Reproduce the records below exactly, but only between the lines holding "-- The present" and "logged_failure none (w, r)", inclusive.

*** Exercise data ***

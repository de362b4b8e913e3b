-- ===== src/PaymentSchedules/Store.antt =====
-- backend/src/database/payment-schedules.js. A time is the number of its milliseconds: the ISO texts of
-- the source, all of one form, have the same order. `metadata` is its JSON text.
use stellar_royalty_splitter.Prelude.{
  ℕ, ◌+◌, String, Bool, true, false, not, ◌&&◌, ◌||◌, Option, none, some, List, [], ◌∷◌, ◌++◌, ◌==◌,
  string_eq, nat_eq, if◌then◌else◌, keep, find_first, update_where, take, drop, count_if, ltb, leb,
  or_else, is_some,
}
use stellar_royalty_splitter.Prelude.Text.{codes}
use stellar_royalty_splitter.Prelude.TextOrder.{text_less}
use stellar_royalty_splitter.Prelude.Sorting.{sort}

pub record PaymentSchedule : Type 0 where
  pub id : ℕ
  pub name : String
  pub type : String
  pub contract_id : String
  pub token_id : String
  pub wallet_address : String
  pub day_of_month : Option ℕ
  pub day_of_week : Option ℕ
  pub interval_days : Option ℕ
  pub anchor_date : Option ℕ
  pub hour_of_day : ℕ
  pub timezone : String
  pub enabled : Bool
  pub last_run_at : Option ℕ
  pub next_run_at : Option ℕ
  pub metadata : Option String
  pub created_at : ℕ
  pub updated_at : ℕ

pub record Store : Type 0 where
  pub rows : List PaymentSchedule
  pub next_id : ℕ
  pub writes : ℕ

-- The parameters of `createPaymentSchedule`, with their defaults filled in.
pub record NewSchedule : Type 0 where
  pub name : String
  pub type : String
  pub contract_id : String
  pub token_id : String
  pub wallet_address : String
  pub day_of_month : Option ℕ
  pub day_of_week : Option ℕ
  pub interval_days : Option ℕ
  pub anchor_date : Option ℕ
  pub hour_of_day : ℕ
  pub timezone : String
  pub metadata : Option String

abbrev pub has_id : ℕ → PaymentSchedule → Bool
has_id id s = s.id == id

-- `getPaymentSchedule`
abbrev pub get_payment_schedule : ℕ → Store → Option PaymentSchedule
get_payment_schedule id s = find_first (has_id id) s.rows

abbrev pub new_row : ℕ → NewSchedule → ℕ → PaymentSchedule
new_row id d now = record {
  id = id;
  name = d.name;
  type = d.type;
  contract_id = d.contract_id;
  token_id = d.token_id;
  wallet_address = d.wallet_address;
  day_of_month = d.day_of_month;
  day_of_week = d.day_of_week;
  interval_days = d.interval_days;
  anchor_date = d.anchor_date;
  hour_of_day = d.hour_of_day;
  timezone = d.timezone;
  enabled = true;
  last_run_at = none;
  next_run_at = none;
  metadata = d.metadata;
  created_at = now;
  updated_at = now;
}

-- `createPaymentSchedule`; the row that is read back is the one that was inserted.
unfoldable pub create_payment_schedule : NewSchedule → ℕ → Store → PaymentSchedule × Store
create_payment_schedule d now s =
    let row = new_row s.next_id d now in
    (row, record { rows = s.rows ++ (row ∷ []); next_id = s.next_id + 1; writes = s.writes + 1 })

abbrev is_of : Option String → Bool → PaymentSchedule → Bool
is_of contract include_disabled s =
    (not (is_some contract) || s.contract_id == or_else contract "")
    && (include_disabled || s.enabled)

-- `ORDER BY contractId, name`
abbrev listed_before : PaymentSchedule → PaymentSchedule → Bool
listed_before a b =
    text_less (codes a.contract_id) (codes b.contract_id)
    || (a.contract_id == b.contract_id && text_less (codes a.name) (codes b.name))

-- `listPaymentSchedules`
unfoldable pub list_payment_schedules : Option String → Bool → ℕ → ℕ → Store → List PaymentSchedule
list_payment_schedules contract include_disabled limit offset s =
    take limit (drop offset (sort listed_before (keep (is_of contract include_disabled) s.rows)))

-- `countPaymentSchedules`
unfoldable pub count_payment_schedules : Option String → Bool → Store → ℕ
count_payment_schedules contract include_disabled s =
    count_if (is_of contract include_disabled) s.rows

-- The fields of an update that are there.
pub record Updates : Type 0 where
  pub name : Option String
  pub day_of_month : Option (Option ℕ)
  pub day_of_week : Option (Option ℕ)
  pub interval_days : Option (Option ℕ)
  pub anchor_date : Option (Option ℕ)
  pub hour_of_day : Option ℕ
  pub timezone : Option String
  pub enabled : Option Bool
  pub next_run_at : Option (Option ℕ)
  pub metadata : Option (Option String)

abbrev is_empty : Updates → Bool
is_empty u = not (
    is_some u.name
    || (is_some u.day_of_month
        || (is_some u.day_of_week
            || (is_some u.interval_days
                || (is_some u.anchor_date
                    || (is_some u.hour_of_day
                        || (is_some u.timezone
                            || (is_some u.enabled
                                || (is_some u.next_run_at || is_some u.metadata)))))))))

-- `{ ...row, ...updates }`
abbrev pub merged : Updates → PaymentSchedule → PaymentSchedule
merged u s = record s {
  name = or_else u.name s.name;
  day_of_month = or_else u.day_of_month s.day_of_month;
  day_of_week = or_else u.day_of_week s.day_of_week;
  interval_days = or_else u.interval_days s.interval_days;
  anchor_date = or_else u.anchor_date s.anchor_date;
  hour_of_day = or_else u.hour_of_day s.hour_of_day;
  timezone = or_else u.timezone s.timezone;
  enabled = or_else u.enabled s.enabled;
  next_run_at = or_else u.next_run_at s.next_run_at;
  metadata = or_else u.metadata s.metadata;
}

-- `UPDATE payment_schedules SET … WHERE id = ?`
abbrev pub update_row : ℕ → (PaymentSchedule → PaymentSchedule) → Store → Store
update_row id f s = record s { rows = update_where (has_id id) f s.rows; writes = s.writes + 1 }

-- `updatePaymentSchedule`
unfoldable pub update_payment_schedule : ℕ → Updates → ℕ → Store → Option PaymentSchedule × Store
update_payment_schedule id u now s =
    let after =
      update_row id (λ (r : PaymentSchedule). record (merged u r) { updated_at = now }) s in
    if is_empty u then (get_payment_schedule id s, s) else (get_payment_schedule id after, after)

-- `disablePaymentSchedule`
unfoldable pub disable_payment_schedule : ℕ → ℕ → Store → Store
disable_payment_schedule id now =
    update_row id (λ (r : PaymentSchedule). record r { enabled = false; updated_at = now })

-- `deletePaymentSchedule`
unfoldable pub delete_payment_schedule : ℕ → Store → Store
delete_payment_schedule id s = record s {
  rows = keep (λ r. not (has_id id r)) s.rows;
  writes = s.writes + 1;
}

abbrev pub is_due : ℕ → PaymentSchedule → Bool
is_due now s = s.enabled && elim s.next_run_at [ none ↦ false | some t ↦ leb t now ]

abbrev pub runs_before : PaymentSchedule → PaymentSchedule → Bool
runs_before a b = ltb (or_else a.next_run_at 0) (or_else b.next_run_at 0)

-- `getSchedulesDue`
unfoldable pub get_schedules_due : ℕ → Store → List PaymentSchedule
get_schedules_due now s = sort runs_before (keep (is_due now) s.rows)

-- `markScheduleRan`
unfoldable pub mark_schedule_ran : ℕ → ℕ → ℕ → Store → Store
mark_schedule_ran id ran_at next_at = update_row id (λ (r : PaymentSchedule). record r {
  last_run_at = some ran_at;
  next_run_at = some next_at;
  updated_at = ran_at;
})

-- `setNextRunAt`
unfoldable pub set_next_run_at : ℕ → ℕ → ℕ → Store → Store
set_next_run_at id next_at now =
    update_row id
      (λ (r : PaymentSchedule). record r { next_run_at = some next_at; updated_at = now })

abbrev is_upcoming : Option String → PaymentSchedule → Bool
is_upcoming contract s =
    s.enabled
    && (is_some s.next_run_at && (not (is_some contract) || s.contract_id == or_else contract ""))

-- `getUpcomingSchedules`
unfoldable pub get_upcoming_schedules : Option String → ℕ → Store → List PaymentSchedule
get_upcoming_schedules contract limit s =
    take limit (sort runs_before (keep (is_upcoming contract) s.rows))
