-- ===== src/PaymentSchedules/Job.antt =====
-- `runPaymentSchedules` of backend/src/jobs/payment-schedule-job.js. The answers of the simulation and
-- the calendar of `Date` are arguments; the notices to webhooks and sockets, which change no table, are
-- left out.
use stellar_royalty_splitter.Prelude.{ℕ, ◌+◌, String, Option, none, some, List, [], ◌∷◌, or_else}
use stellar_royalty_splitter.Prelude.Text.{Text, codes}
use stellar_royalty_splitter.Schedule.Months.{Date}
use stellar_royalty_splitter.Schedule.Next.{
  Schedule, Now, Next, at_date, at_ms, unknown_type, compute_next_run,
}
use stellar_royalty_splitter.History.Store.{record_transaction}
use stellar_royalty_splitter.Audit.{string, number, fields, Log, add_audit_log}
use stellar_royalty_splitter.PaymentSchedules.Store.{
  PaymentSchedule, get_schedules_due, mark_schedule_ran,
}
use stellar_royalty_splitter.History.Store as History
use stellar_royalty_splitter.PaymentSchedules.Store as Schedules

-- The tables that a run reads or writes.
pub record World : Type 0 where
  pub schedules : Schedules.Store
  pub history : History.Store
  pub log : Log

pub record Report : Type 0 where
  pub triggered : ℕ
  pub skipped : ℕ
  pub failed : ℕ

-- The present time in its readings: the calendar, and the text of SQLite's CURRENT_TIMESTAMP.
pub record Clock : Type 0 where
  pub now : Now
  pub text : Text

pub data Simulation : Type 0 where
  fails : String → Simulation
  costs : ℕ → Simulation

-- A field that is null counts as 0 in the calculations.
abbrev pub as_schedule : PaymentSchedule → Schedule
as_schedule s = record {
  type = s.type;
  day_of_month = or_else s.day_of_month 0;
  day_of_week = or_else s.day_of_week 0;
  interval_days = s.interval_days;
  anchor_date = s.anchor_date;
  hour_of_day = some s.hour_of_day;
}

abbrev add_failed : Report → Report
add_failed r = record r { failed = r.failed + 1 }

module _ (calendar : Date → ℕ) where
  -- The answer of `computeNextRun` in milliseconds; nothing where it raises.
  abbrev pub next_ms : Next → Option ℕ
  next_ms (at_date d) = some (calendar d)
  next_ms (at_ms t) = some t
  next_ms unknown_type = none

  unfoldable pub next_run : PaymentSchedule → Now → Option ℕ
  unfolding compute_next_run
  next_run s now = next_ms (compute_next_run (as_schedule s) now)

  abbrev advanced : PaymentSchedule → Clock → Option ℕ → World × Report → World × Report
  advanced s clock none (w, r) = (w, add_failed r)
  advanced s clock (some next_at) (w, r) = (
    record w { schedules = mark_schedule_ran s.id clock.now.ms next_at w.schedules },
    record r { triggered = r.triggered + 1 },
  )

  abbrev logged_failure : Option Log → World × Report → World × Report
  logged_failure none (w, r) = (w, add_failed r)
  logged_failure (some log) (w, r) = (record w { log = log }, add_failed r)

  abbrev logged_trigger : PaymentSchedule → Clock → Option Log → World × Report → World × Report
  logged_trigger s clock none (w, r) = (w, add_failed r)
  logged_trigger s clock (some log) (w, r) =
      advanced s clock (next_run s clock.now) (record w { log = log }, r)

  -- One round of the loop. What raises inside is counted as failed.
  unfoldable pub run_one : Clock → PaymentSchedule → Simulation → World × Report → World × Report
  unfolding record_transaction add_audit_log next_run mark_schedule_ran
  run_one clock s (fails error) (w, r) =
      let (id, history) =
        record_transaction s.contract_id "distribute" s.wallet_address none (some s.token_id)
          clock.text w.history in
      let details = fields (
        (codes "scheduleId", number s.id)
        ∷ ((codes "scheduleName", string s.name)
            ∷ ((codes "error", string error) ∷ ((codes "transactionId", number id) ∷ [])))) in
      logged_failure
        (add_audit_log s.contract_id "scheduled_distribution_failed" (some s.wallet_address) details
          clock.text w.log)
        (record w { history = history }, r)
  run_one clock s (costs fee) (w, r) =
      let (id, history) =
        record_transaction s.contract_id "distribute" s.wallet_address none (some s.token_id)
          clock.text w.history in
      let details = fields (
        (codes "scheduleId", number s.id)
        ∷ ((codes "scheduleName", string s.name)
            ∷ ((codes "scheduleType", string s.type)
                ∷ ((codes "transactionId", number id)
                    ∷ ((codes "estimatedFee", number fee) ∷ []))))) in
      logged_trigger s clock
        (add_audit_log s.contract_id "scheduled_distribution_triggered" (some s.wallet_address)
          details clock.text w.log)
        (record w { history = history }, r)

  unfoldable pub run_all :
      Clock
      → (PaymentSchedule → Simulation)
      → List PaymentSchedule
      → World × Report
      → World × Report
  unfolding run_one
  run_all clock simulate [] state = state
  run_all clock simulate (s ∷ due) state =
      run_all clock simulate due (run_one clock s (simulate s) state)

  -- `runPaymentSchedules`
  unfoldable pub run_payment_schedules :
      Clock → (PaymentSchedule → Simulation) → World → World × Report
  unfolding get_schedules_due run_all
  run_payment_schedules clock simulate w =
      run_all clock simulate (get_schedules_due clock.now.ms w.schedules)
        (w, record { triggered = 0; skipped = 0; failed = 0 })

***

Final answer
-- The present time in its readings: the calendar, and the text of SQLite's CURRENT_TIMESTAMP.
pub record Clock : Type 0 where
  pub now : Now
  pub text : Text

pub data Simulation : Type 0 where
  fails : String → Simulation
  costs : ℕ → Simulation

-- A field that is null counts as 0 in the calculations.
abbrev pub as_schedule : PaymentSchedule → Schedule
as_schedule s = record {
  type = s.type;
  day_of_month = or_else s.day_of_month 0;
  day_of_week = or_else s.day_of_week 0;
  interval_days = s.interval_days;
  anchor_date = s.anchor_date;
  hour_of_day = some s.hour_of_day;
}

abbrev add_failed : Report → Report
add_failed r = record r { failed = r.failed + 1 }

module _ (calendar : Date → ℕ) where
  -- The answer of `computeNextRun` in milliseconds; nothing where it raises.
  abbrev pub next_ms : Next → Option ℕ
  next_ms (at_date d) = some (calendar d)
  next_ms (at_ms t) = some t
  next_ms unknown_type = none

  unfoldable pub next_run : PaymentSchedule → Now → Option ℕ
  unfolding compute_next_run
  next_run s now = next_ms (compute_next_run (as_schedule s) now)

  abbrev advanced : PaymentSchedule → Clock → Option ℕ → World × Report → World × Report
  advanced s clock none (w, r) = (w, add_failed r)
  advanced s clock (some next_at) (w, r) = (
    record w { schedules = mark_schedule_ran s.id clock.now.ms next_at w.schedules },
    record r { triggered = r.triggered + 1 },
  )

  abbrev logged_failure : Option Log → World × Report → World × Report
  logged_failure none (w, r) = (w, add_failed r)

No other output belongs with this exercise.